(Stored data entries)

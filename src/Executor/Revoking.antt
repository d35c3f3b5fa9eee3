-- ===== src/Executor/Revoking.antt =====
-- What a read grant of crates/workbench-runtime/src/executor.rs gives once it has been revoked, and
-- what a checked path is.
use distributed_workbench.Base.{
  ℕ, Str, bytes, false, Option, none, some, ◌≡◌, refl, List, ◌++◌, Result, ok, ok_or, >>=-eq-ok,
  ok_or-eq-ok, Bool-cases, inl, inr, guard-eq-ok, Bool, true, ok-injective, sym,
}
use distributed_workbench.Executor.{required_str, invalid_params}
use distributed_workbench.Executor.Finding.{find_grant-revoke_first}
use distributed_workbench.Executor.Grants.{
  Files, Access, find_grant, covers_read, validate_read_grant, revoke, revoked_at, scope,
  grant_required, outside, checked_path, is_under_any, resolve,
}
use distributed_workbench.Executor.Revoked.{
  IsRevoked, Op, performed, AreOthers, performed-IsRevoked,
}
use distributed_workbench.Json.{Value, get}
use distributed_workbench.Protocol.{RpcError}
use distributed_workbench.Resources.{text_of}
use distributed_workbench.Schema.Grant.{ReadGrant, FsPath, is_approved}

uncovered :
    (access : Access) (g : ReadGrant) (workspace capability : Str) (checked : FsPath)
    → is_approved g.state ≡ false
    → covers_read access g workspace capability checked ≡ false
uncovered access g workspace capability checked h = rw h refl

-- A grant that is not approved covers nothing.
validate-IsRevoked :
    {roots : List FsPath} (files : Files) (id : Str) (access : Access) (params : Value)
    (checked : FsPath) (capability : Str)
    → IsRevoked id roots access
    → text_of (get params (bytes "_readGrantId")) ≡ some id
    → validate_read_grant files access params checked capability ≡ ok tt
    → ⊥
unfolding validate_read_grant
validate-IsRevoked files id access params checked capability r named h =
    let first =
      >>=-eq-ok
        (ok_or
          (scope (get params (bytes "_workspaceScope")) (get params (bytes "_workspaceSessionId")))
          (grant_required (bytes "workspace-scoped read grant is required")))
        _ h in
    let second =
      >>=-eq-ok
        (ok_or (text_of (get params (bytes "_readGrantId")))
          (grant_required (bytes "read grant required for " ++ files.display checked)))
        _ first.2 in
    let grant_id = ok_or-eq-ok (text_of (get params (bytes "_readGrantId"))) _ second.1 in
    let same : second.0 ≡ id = cc (grant_id, named) in
    let third =
      >>=-eq-ok
        (ok_or (find_grant second.0 access.read_grants)
          (grant_required (bytes "read grant is unknown to executor")))
        _ second.2 in
    let found = ok_or-eq-ok (find_grant second.0 access.read_grants) _ third.1 in
    let one : third.0 ≡ r.grant = cc (found, r.found, same) in
    let covered = guard-eq-ok (covers_read access third.0 first.0 capability checked) _ third.2 in
    let over : is_approved third.0.state ≡ false = rw one r.over in
    cc (covered, uncovered access third.0 first.0 capability checked over)

outside-IsRevoked :
    {roots : List FsPath} (files : Files) (id : Str) (access : Access) (params : Value)
    (capability : Option Str) (checked path : FsPath)
    → IsRevoked id roots access
    → text_of (get params (bytes "_readGrantId")) ≡ some id
    → outside files access params capability checked ≡ ok path
    → ⊥
outside-IsRevoked files id access params none checked path r named h = cc
outside-IsRevoked files id access params (some capability) checked path r named h =
    let (u, passed, _) =
      >>=-eq-ok (validate_read_grant files access params checked capability) _ h in
    validate-IsRevoked files id access params checked capability r named passed

checked-IsRevoked :
    {roots : List FsPath} (files : Files) (id : Str) (access : Access) (params : Value) (key : Str)
    (must_exist : Bool) (capability : Option Str) (path : FsPath)
    → IsRevoked id roots access
    → text_of (get params (bytes "_readGrantId")) ≡ some id
    → checked_path files access params key must_exist capability ≡ ok path
    → is_under_any path roots ≡ true
unfolding checked_path
checked-IsRevoked files id access params key must_exist capability path r named h =
    let (raw, given, h1) =
      >>=-eq-ok (ok_or (text_of (get params key)) (invalid_params (key ++ bytes " is required"))) _
        h in
    let (checked, resolved, h2) = >>=-eq-ok (resolve files must_exist (files.path_of raw)) _ h1 in
    elim (Bool-cases (is_under_any checked access.allowed_roots)) [
      | inl own ↦
          let e : checked ≡ path = ok-injective (rw own at h2) in
          rw (sym e) (rw (sym r.same_roots) own)
      | inr foreign ↦ absurd (
          outside-IsRevoked files id access params capability checked path r named
            (rw foreign at h2))
    ]

-- Once a grant is revoked, and even if the write of the revocation failed, a read that presents it
-- passes `checked_path` only with a path in the roots that the executor allows to all, whatever other
-- grants are approved or revoked later, until it is approved again.
pub revoked_denied :
    (files : Files) (access : Access) (params : Value) (now : ℕ)
    (saved : Result RpcError (Unit {0})) (id : Str) (g : ReadGrant) (os : List Op) (read : Value)
    (key : Str) (must_exist : Bool) (capability : Option Str) (path : FsPath)
    → required_str params (bytes "grantId") ≡ ok id
    → find_grant id access.read_grants ≡ some g
    → AreOthers id os
    → text_of (get read (bytes "_readGrantId")) ≡ some id
    → checked_path files
        (performed files os (revoke access params now saved).0)
        read
        key
        must_exist
        capability
      ≡ ok path
    → is_under_any path access.allowed_roots ≡ true
unfolding revoke
revoked_denied files access params now saved id g os read key must_exist capability path named known
      others presented h =
    let r : IsRevoked id access.allowed_roots (revoke access params now saved).0 =
      rw (named, revoke)
        (rw known (record {
          same_roots = refl;
          grant = revoked_at now g;
          found = find_grant-revoke_first id now access.read_grants g known;
          over = refl;
        })) in
    checked-IsRevoked files id (performed files os (revoke access params now saved).0) read key
      must_exist capability path
      (performed-IsRevoked files id os (revoke access params now saved).0 others r) presented h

▶ **TASK DIRECTIONS**:
Quote only the stretch of lines that starts the data above and ends with the line containing "-- what a checked path is.", both included.

▶ **OUTPUT OF THE TASK**:
filename src/Executor/Revoking.antt
repository d35c3f3b5fa9eee3
-- ===== src/Executor/Revoking.antt =====
-- What a read grant of crates/workbench-runtime/src/executor.rs gives once it has been revoked, and
-- what a checked path is.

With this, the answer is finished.